Exercise directions: What is needed here is every entry, retyped exactly.

Supplied information:
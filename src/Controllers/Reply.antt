-- ===== src/Controllers/Reply.antt =====
-- pkg/controllers: what a reconciliation returns to the controller runtime.
use karlon.Base.{ℕ, Bool, true, false, Option, none, some}
use karlon.Base.Result.{Error}

-- ctrl.Result and the error beside it; `after` is RequeueAfter in seconds
pub record Reply : Type 0 where
  pub requeue : Bool
  pub after : ℕ
  pub error : Option Error

-- `ctrl.Result{}, nil`
abbrev pub done : Reply
done = record { requeue = false; after = 0; error = none }

-- `ctrl.Result{Requeue: true}, nil`
abbrev pub again : Reply
again = record { requeue = true; after = 0; error = none }

-- `ctrl.Result{RequeueAfter: n * time.Second}, nil`
abbrev pub again_in : ℕ → Reply
again_in n = record { requeue = false; after = n; error = none }

-- `ctrl.Result{}, err`
abbrev pub failed : Error → Reply
failed e = record { requeue = false; after = 0; error = some e }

Exercise response:
filename src/Controllers/Reply.antt
-- ===== src/Controllers/Reply.antt =====
-- pkg/controllers: what a reconciliation returns to the controller runtime.
use karlon.Base.{ℕ, Bool, true, false, Option, none, some}
use karlon.Base.Result.{Error}

-- ctrl.Result and the error beside it; `after` is RequeueAfter in seconds
pub record Reply : Type 0 where
  pub requeue : Bool
  pub after : ℕ
  pub error : Option Error

-- `ctrl.Result{}, nil`
abbrev pub done : Reply
done = record { requeue = false; after = 0; error = none }

-- `ctrl.Result{Requeue: true}, nil`
abbrev pub again : Reply
again = record { requeue = true; after = 0; error = none }

-- `ctrl.Result{RequeueAfter: n * time.Second}, nil`
abbrev pub again_in : ℕ → Reply
again_in n = record { requeue = false; after = n; error = none }

-- `ctrl.Result{}, err`
abbrev pub failed : Error → Reply
failed e = record { requeue = false; after = 0; error = some e }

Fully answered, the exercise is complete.